[Stored dataset items]
━━━━━━━━━━━━━━━━━━━━━━━━━━━━━━
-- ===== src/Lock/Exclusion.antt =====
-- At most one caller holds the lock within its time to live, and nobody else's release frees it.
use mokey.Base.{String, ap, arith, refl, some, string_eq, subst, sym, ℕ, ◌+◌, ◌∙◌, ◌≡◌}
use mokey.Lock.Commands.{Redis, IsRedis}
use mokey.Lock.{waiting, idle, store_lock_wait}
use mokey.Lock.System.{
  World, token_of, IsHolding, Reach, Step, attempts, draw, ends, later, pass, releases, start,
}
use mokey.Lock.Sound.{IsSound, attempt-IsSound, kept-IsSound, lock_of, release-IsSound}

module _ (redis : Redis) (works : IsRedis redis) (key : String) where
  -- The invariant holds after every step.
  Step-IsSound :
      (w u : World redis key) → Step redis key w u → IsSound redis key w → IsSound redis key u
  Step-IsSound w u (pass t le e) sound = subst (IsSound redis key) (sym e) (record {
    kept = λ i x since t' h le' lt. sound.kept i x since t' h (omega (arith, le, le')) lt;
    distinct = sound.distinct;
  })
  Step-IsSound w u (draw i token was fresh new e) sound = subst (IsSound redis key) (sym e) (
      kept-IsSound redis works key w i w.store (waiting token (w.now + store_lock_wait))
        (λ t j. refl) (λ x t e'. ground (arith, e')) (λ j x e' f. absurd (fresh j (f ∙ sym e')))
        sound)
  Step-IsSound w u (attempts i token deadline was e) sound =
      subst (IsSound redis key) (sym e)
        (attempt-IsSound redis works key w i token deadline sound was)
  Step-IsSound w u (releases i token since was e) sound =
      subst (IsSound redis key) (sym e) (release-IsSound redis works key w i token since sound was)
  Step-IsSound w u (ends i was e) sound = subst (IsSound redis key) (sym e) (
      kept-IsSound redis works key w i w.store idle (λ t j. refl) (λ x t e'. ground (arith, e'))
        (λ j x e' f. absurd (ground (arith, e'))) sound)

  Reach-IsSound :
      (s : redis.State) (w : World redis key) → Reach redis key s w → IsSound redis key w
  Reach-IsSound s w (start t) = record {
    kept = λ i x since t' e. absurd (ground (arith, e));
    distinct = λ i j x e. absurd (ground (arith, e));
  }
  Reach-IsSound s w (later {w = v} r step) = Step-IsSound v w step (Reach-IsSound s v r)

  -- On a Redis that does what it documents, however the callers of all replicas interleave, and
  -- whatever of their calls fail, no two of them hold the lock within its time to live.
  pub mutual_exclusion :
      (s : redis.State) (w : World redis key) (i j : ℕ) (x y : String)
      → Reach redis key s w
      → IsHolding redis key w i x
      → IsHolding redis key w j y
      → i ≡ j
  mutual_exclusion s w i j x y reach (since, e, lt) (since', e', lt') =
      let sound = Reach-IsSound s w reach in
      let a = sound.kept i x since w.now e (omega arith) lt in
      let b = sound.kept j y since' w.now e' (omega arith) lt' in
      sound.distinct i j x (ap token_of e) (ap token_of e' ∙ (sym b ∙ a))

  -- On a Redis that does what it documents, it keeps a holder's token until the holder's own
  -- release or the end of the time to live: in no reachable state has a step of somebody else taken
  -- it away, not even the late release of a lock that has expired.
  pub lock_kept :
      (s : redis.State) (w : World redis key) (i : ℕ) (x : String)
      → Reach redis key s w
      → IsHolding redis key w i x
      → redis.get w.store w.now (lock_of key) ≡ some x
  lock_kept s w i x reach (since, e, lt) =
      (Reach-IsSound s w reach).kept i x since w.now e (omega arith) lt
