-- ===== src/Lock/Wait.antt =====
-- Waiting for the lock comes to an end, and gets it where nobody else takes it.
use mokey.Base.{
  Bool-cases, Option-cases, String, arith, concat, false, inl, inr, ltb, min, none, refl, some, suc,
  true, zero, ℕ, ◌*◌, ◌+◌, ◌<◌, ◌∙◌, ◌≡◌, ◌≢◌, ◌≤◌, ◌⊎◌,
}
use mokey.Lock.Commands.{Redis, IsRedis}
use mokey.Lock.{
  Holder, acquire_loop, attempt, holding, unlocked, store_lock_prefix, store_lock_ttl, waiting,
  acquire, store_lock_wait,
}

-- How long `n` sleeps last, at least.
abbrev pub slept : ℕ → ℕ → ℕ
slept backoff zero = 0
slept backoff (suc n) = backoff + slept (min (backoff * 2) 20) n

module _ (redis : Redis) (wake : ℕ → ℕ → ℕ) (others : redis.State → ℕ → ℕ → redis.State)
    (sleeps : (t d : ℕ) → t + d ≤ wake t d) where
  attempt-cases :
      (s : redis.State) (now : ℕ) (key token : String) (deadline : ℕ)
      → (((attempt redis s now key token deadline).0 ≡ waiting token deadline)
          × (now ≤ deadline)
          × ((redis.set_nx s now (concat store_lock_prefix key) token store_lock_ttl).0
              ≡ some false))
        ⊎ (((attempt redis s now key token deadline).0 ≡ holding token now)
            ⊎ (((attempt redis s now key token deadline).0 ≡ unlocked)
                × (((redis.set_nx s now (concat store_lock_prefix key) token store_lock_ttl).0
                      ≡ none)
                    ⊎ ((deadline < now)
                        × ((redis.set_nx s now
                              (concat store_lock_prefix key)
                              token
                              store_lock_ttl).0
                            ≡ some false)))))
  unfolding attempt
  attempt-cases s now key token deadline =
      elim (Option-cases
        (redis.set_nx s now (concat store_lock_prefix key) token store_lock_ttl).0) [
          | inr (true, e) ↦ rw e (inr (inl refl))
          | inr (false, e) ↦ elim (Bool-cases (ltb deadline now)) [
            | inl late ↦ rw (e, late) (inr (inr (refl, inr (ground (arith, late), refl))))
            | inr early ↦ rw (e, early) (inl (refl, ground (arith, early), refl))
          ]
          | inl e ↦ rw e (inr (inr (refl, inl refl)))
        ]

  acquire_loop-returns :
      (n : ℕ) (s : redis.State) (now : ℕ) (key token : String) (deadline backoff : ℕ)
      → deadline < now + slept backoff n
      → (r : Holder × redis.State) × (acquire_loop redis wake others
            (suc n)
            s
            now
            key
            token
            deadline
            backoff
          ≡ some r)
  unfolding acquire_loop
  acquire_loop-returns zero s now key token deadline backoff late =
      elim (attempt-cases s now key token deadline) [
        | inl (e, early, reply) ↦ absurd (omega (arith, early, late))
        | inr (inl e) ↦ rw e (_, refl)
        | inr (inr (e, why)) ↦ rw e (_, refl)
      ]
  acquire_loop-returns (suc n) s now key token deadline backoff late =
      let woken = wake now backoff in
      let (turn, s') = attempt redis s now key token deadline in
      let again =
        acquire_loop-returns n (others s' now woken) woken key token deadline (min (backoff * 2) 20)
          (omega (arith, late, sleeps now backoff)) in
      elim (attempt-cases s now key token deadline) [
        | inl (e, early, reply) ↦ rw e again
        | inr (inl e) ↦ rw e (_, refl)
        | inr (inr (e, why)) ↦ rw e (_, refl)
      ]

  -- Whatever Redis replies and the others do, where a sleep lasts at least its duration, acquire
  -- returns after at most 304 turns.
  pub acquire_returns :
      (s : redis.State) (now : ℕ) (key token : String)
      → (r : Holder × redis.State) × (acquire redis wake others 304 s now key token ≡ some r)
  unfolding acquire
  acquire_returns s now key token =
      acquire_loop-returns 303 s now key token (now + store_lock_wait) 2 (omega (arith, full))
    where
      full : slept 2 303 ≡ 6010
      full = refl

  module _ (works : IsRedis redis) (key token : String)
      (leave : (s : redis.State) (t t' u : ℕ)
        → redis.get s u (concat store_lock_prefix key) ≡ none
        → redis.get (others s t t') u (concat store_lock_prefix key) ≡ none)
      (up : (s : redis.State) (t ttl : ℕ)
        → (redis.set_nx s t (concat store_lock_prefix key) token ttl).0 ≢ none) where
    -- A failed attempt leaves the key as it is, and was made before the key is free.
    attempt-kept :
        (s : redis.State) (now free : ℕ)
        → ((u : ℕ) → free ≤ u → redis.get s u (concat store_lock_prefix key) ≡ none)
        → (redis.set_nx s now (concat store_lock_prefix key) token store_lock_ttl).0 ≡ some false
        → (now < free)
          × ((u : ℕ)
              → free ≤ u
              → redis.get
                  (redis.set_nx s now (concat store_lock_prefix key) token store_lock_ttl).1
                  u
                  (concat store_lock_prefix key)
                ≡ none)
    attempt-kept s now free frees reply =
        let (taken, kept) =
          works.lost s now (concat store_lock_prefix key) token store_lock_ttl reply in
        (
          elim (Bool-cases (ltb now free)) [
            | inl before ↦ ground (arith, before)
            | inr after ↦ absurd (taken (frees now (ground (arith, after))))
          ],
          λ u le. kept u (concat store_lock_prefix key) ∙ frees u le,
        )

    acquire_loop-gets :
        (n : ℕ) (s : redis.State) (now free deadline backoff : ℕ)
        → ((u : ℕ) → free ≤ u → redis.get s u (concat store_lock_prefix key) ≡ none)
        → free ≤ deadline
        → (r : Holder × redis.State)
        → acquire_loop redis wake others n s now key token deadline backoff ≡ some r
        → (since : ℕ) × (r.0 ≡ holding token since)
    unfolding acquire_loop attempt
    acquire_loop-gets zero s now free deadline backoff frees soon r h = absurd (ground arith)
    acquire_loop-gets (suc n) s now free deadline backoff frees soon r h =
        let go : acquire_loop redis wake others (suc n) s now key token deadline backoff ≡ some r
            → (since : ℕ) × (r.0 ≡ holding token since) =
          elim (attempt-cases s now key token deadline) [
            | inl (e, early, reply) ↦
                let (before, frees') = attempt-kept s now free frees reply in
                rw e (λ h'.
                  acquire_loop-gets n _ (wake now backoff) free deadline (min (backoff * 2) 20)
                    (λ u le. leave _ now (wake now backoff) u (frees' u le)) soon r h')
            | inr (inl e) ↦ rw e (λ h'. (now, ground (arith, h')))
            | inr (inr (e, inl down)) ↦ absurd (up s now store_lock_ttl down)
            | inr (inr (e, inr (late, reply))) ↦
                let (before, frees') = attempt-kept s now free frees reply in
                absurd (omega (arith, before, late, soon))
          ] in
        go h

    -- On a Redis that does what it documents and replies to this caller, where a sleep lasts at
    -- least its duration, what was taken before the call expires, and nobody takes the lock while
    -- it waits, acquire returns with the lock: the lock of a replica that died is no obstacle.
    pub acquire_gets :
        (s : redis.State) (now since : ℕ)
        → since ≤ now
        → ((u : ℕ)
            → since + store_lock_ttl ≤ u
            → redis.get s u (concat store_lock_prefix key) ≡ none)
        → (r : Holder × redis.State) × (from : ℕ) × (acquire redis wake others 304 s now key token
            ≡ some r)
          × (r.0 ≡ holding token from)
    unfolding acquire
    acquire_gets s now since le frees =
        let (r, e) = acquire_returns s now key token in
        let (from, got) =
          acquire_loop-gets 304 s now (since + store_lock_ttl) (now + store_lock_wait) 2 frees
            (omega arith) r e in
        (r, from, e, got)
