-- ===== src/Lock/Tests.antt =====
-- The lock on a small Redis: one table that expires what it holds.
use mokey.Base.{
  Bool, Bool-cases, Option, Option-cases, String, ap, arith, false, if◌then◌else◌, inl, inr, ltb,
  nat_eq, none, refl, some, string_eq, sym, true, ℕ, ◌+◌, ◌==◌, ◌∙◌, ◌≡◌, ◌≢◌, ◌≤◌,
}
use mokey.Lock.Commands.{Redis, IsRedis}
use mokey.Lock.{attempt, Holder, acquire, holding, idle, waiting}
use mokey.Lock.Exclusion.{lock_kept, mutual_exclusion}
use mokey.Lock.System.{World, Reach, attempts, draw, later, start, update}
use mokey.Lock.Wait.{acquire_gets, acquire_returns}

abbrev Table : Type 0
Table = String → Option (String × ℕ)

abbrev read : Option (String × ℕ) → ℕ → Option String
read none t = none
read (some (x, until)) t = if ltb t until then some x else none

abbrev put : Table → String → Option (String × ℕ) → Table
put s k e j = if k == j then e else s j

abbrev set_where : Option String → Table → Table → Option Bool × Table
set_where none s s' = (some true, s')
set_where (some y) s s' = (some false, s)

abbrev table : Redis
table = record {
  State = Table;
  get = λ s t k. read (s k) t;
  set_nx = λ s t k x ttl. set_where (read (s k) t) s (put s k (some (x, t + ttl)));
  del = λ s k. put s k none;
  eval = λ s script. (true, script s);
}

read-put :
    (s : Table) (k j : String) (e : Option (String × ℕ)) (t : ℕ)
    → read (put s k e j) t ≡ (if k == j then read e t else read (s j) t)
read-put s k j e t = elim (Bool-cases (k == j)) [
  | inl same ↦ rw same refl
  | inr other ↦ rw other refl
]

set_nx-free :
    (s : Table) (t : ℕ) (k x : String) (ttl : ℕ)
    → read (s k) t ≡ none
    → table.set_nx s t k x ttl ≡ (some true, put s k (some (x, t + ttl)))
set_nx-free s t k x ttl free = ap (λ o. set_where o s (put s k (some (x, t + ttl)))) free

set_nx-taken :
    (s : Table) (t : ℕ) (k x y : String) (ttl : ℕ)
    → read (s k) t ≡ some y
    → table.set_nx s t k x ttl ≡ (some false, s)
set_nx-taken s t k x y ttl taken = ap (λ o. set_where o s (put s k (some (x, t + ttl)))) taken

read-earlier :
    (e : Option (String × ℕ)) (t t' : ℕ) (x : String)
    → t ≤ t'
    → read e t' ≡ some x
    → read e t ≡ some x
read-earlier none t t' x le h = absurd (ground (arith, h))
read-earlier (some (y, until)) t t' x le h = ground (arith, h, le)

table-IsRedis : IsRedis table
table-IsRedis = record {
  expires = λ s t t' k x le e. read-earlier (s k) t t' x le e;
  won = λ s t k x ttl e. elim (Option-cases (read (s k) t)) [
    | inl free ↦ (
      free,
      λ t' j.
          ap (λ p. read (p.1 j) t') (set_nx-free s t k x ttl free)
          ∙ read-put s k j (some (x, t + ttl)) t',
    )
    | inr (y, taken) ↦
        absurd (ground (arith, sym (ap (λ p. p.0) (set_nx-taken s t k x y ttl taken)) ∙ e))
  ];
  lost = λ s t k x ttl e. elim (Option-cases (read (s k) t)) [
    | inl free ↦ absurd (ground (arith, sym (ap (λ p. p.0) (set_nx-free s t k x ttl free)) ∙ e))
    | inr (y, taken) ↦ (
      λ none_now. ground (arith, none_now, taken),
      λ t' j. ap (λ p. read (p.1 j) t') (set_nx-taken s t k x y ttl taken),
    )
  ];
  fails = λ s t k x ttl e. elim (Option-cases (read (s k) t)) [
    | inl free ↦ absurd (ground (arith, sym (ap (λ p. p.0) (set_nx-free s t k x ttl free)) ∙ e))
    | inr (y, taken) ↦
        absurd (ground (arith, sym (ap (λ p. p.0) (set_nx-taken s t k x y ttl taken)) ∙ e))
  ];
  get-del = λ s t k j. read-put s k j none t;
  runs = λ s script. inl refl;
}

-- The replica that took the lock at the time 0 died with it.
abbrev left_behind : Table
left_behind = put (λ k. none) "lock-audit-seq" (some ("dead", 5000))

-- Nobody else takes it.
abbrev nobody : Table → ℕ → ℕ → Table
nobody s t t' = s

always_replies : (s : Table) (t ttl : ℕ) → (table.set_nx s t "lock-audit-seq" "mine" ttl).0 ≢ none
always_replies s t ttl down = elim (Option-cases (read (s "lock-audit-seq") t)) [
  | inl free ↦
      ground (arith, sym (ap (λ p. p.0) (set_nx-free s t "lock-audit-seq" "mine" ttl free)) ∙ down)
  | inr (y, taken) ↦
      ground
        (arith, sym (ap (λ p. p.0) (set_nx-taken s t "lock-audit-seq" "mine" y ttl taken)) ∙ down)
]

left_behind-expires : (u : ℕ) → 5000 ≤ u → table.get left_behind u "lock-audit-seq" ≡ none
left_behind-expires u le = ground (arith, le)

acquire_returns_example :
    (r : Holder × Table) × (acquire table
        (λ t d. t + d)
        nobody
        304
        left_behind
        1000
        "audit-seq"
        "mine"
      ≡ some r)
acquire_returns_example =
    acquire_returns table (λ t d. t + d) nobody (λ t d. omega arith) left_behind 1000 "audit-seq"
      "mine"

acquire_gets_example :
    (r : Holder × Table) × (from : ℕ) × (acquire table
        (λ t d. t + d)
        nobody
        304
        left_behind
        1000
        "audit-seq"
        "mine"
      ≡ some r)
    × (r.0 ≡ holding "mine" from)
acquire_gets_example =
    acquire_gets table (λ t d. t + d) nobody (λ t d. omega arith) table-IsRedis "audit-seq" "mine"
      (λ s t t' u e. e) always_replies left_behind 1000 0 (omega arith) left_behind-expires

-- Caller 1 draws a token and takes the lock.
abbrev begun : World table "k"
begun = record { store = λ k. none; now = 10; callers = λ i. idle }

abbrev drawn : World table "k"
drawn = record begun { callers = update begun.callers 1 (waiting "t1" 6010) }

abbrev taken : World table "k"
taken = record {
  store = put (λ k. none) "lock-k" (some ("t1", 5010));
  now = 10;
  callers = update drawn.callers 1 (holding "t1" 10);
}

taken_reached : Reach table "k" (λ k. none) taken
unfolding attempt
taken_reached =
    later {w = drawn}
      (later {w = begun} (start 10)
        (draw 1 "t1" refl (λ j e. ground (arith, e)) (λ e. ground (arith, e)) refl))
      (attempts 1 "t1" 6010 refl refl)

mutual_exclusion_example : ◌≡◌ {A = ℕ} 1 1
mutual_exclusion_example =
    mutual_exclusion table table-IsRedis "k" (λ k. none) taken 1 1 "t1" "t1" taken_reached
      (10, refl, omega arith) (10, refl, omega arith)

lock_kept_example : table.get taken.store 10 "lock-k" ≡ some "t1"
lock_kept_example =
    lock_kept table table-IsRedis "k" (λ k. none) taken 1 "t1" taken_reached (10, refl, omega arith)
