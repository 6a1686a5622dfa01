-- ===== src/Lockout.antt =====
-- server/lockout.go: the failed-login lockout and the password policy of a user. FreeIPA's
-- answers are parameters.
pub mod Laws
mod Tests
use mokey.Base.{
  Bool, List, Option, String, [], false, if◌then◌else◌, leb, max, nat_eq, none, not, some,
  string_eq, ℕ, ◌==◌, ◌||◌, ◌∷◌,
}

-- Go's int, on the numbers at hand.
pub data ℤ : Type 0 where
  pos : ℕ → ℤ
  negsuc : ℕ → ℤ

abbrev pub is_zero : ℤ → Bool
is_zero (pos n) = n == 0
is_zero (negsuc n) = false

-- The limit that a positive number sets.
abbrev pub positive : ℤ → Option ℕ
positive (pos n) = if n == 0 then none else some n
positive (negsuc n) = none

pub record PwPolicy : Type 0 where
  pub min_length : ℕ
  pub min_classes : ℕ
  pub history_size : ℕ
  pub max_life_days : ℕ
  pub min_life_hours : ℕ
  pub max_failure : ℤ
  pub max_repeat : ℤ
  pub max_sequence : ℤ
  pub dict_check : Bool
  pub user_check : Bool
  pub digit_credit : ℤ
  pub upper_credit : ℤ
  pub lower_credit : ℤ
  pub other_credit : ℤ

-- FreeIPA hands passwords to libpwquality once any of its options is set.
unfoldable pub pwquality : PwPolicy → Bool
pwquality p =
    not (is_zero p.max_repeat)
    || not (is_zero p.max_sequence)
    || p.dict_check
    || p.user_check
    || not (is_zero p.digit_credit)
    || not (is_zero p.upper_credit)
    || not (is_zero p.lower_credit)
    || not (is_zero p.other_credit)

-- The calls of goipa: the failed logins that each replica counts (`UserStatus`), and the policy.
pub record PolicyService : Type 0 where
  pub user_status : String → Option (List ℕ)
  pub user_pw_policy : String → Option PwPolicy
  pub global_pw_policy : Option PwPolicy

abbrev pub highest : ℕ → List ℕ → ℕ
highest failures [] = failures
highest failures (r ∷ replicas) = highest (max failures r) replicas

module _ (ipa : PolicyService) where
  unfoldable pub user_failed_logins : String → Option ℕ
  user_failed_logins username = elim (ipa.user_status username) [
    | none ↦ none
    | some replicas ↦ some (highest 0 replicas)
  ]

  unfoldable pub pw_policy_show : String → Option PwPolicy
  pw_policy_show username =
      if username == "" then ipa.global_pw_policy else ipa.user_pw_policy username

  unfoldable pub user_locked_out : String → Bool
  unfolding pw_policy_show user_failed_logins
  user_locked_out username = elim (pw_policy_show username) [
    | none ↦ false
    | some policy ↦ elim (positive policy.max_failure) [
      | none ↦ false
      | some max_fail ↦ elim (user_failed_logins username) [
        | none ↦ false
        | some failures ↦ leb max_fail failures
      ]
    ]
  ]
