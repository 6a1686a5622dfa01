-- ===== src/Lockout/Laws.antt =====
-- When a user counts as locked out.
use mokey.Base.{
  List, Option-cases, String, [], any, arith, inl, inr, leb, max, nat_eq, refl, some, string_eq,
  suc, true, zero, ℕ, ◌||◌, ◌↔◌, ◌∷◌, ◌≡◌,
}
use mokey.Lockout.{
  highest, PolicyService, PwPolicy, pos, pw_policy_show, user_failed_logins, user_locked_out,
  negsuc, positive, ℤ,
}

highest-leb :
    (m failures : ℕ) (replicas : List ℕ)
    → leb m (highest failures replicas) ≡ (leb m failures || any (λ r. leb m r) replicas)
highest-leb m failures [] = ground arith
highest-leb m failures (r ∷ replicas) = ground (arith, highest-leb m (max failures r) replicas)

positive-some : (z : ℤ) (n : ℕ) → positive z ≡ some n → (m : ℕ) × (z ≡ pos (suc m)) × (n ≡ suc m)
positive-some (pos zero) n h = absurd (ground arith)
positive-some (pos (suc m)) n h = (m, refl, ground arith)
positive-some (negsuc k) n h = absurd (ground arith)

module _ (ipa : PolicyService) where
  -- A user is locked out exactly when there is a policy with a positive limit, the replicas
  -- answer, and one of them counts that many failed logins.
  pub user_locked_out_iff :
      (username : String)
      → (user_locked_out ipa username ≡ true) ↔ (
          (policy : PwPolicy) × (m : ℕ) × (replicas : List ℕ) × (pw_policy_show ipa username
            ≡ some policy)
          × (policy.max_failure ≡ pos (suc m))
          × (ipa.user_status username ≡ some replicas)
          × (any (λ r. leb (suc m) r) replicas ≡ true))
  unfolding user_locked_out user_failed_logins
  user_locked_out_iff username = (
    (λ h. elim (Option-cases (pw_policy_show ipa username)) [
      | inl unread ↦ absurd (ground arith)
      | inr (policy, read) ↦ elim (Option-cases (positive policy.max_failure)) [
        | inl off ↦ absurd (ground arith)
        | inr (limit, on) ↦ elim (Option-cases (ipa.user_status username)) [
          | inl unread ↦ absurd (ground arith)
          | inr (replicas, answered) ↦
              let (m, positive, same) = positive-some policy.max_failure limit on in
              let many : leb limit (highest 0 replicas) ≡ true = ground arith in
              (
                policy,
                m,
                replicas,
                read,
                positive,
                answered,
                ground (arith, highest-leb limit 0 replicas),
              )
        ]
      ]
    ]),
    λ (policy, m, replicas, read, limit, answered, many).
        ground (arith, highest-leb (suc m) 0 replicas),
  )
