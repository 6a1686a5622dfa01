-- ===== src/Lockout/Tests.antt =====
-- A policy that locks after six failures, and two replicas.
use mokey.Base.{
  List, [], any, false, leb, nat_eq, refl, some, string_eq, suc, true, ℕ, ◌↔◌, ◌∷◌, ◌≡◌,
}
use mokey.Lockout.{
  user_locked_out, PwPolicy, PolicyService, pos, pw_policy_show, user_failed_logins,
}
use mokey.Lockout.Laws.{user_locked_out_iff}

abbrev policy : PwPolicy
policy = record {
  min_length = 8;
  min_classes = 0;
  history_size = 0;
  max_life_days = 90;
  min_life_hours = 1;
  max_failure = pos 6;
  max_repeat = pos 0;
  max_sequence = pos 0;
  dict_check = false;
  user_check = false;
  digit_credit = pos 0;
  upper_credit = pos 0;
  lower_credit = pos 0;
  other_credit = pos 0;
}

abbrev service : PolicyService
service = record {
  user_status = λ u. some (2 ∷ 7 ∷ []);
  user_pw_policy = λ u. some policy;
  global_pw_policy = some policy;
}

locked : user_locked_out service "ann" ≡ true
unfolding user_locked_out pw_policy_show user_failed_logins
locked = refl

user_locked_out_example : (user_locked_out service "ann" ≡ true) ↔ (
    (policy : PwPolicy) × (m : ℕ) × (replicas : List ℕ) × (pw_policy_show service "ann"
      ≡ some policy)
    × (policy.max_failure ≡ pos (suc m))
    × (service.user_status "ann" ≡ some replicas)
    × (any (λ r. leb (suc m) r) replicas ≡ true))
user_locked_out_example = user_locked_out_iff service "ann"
━━━━━━━━━━━━━━━━━━━━━━━━━━━━━━
▶ [EXERCISE DETAILS]
Which lines of the records above contain the word "soon"? Show each of them.

▶ [SOLUTION FOR THIS TASK]
    acquire_loop-gets zero s now free deadline backoff frees soon r h = absurd (ground arith)
    acquire_loop-gets (suc n) s now free deadline backoff frees soon r h =
                    (λ u le. leave _ now (wake now backoff) u (frees' u le)) soon r h')
                absurd (omega (arith, before, late, soon))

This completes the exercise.